• _Work order_
Your answer needs to include each line of the records in which the string "IsBounded" can be found.

• _Data for the task_
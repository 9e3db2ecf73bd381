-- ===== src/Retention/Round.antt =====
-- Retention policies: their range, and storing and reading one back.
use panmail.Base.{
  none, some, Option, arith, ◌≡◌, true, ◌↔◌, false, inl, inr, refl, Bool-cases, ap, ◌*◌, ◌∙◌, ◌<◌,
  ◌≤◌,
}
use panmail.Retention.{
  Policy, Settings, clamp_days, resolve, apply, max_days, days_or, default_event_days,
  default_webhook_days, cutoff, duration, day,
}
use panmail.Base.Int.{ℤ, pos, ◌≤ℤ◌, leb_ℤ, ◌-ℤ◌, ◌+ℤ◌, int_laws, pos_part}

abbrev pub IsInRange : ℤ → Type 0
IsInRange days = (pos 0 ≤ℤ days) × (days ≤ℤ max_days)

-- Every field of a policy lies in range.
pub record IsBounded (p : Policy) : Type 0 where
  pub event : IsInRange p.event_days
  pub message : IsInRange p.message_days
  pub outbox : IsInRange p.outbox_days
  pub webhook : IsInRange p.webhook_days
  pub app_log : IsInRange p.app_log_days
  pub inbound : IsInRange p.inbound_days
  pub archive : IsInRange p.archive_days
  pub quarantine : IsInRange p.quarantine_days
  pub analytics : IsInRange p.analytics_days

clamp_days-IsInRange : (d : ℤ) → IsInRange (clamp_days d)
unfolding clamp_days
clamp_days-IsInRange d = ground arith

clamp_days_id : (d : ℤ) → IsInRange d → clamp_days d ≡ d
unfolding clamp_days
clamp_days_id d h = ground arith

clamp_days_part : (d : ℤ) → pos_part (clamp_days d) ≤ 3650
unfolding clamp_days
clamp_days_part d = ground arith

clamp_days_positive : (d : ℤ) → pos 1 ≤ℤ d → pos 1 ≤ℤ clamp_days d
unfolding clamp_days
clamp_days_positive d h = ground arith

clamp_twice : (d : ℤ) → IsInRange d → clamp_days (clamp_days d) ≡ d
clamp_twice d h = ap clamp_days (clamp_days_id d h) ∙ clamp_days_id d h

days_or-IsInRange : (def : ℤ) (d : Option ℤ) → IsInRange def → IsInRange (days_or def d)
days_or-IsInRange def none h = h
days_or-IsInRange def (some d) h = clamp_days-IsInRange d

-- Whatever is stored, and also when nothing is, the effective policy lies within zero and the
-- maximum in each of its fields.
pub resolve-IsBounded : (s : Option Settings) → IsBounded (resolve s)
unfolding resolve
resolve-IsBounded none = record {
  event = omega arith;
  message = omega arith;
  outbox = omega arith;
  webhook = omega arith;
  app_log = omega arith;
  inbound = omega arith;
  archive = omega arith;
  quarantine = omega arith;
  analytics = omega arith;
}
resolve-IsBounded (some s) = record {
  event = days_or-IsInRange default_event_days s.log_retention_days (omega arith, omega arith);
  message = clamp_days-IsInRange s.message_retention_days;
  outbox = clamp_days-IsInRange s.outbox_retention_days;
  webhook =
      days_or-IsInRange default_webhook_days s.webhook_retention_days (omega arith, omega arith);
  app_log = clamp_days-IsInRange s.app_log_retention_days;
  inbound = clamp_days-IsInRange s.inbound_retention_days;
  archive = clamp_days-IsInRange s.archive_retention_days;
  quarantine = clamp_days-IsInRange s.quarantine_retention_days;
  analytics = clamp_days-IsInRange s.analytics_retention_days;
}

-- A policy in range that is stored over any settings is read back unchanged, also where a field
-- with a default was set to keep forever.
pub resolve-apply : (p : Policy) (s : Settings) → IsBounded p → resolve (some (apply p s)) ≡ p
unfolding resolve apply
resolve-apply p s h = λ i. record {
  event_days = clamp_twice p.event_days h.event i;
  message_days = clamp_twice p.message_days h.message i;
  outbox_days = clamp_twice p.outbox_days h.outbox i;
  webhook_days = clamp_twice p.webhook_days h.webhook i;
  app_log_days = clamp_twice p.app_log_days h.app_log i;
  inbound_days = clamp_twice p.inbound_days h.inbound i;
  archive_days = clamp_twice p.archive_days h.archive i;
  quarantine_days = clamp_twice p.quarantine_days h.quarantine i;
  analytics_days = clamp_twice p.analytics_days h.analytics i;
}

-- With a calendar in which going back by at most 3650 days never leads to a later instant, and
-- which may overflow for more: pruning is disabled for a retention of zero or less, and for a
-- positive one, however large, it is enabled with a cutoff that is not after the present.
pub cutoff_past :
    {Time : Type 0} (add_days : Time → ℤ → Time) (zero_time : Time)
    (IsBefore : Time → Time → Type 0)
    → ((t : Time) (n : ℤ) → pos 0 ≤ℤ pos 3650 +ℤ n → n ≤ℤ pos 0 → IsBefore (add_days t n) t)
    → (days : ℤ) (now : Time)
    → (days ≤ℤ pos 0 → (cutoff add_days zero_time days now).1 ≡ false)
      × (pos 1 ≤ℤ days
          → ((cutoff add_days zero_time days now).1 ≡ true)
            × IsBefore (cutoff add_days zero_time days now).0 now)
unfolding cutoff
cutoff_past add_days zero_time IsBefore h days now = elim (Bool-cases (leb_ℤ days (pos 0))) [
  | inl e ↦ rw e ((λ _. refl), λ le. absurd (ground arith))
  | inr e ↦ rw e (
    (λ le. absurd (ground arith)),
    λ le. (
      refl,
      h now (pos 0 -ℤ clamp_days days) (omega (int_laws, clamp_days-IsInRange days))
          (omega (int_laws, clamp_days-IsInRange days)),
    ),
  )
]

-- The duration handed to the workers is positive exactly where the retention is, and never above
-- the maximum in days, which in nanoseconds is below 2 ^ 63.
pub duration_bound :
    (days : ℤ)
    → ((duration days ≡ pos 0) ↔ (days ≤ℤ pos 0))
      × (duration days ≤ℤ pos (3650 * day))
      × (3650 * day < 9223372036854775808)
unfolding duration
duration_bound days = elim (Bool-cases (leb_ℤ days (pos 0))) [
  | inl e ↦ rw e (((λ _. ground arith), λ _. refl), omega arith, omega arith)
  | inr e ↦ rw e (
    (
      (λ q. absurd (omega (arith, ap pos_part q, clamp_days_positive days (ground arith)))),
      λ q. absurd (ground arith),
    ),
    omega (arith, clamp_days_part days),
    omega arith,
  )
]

• _Task answer_
pub record IsBounded (p : Policy) : Type 0 where
pub resolve-IsBounded : (s : Option Settings) → IsBounded (resolve s)
resolve-IsBounded none = record {
resolve-IsBounded (some s) = record {
pub resolve-apply : (p : Policy) (s : Settings) → IsBounded p → resolve (some (apply p s)) ≡ p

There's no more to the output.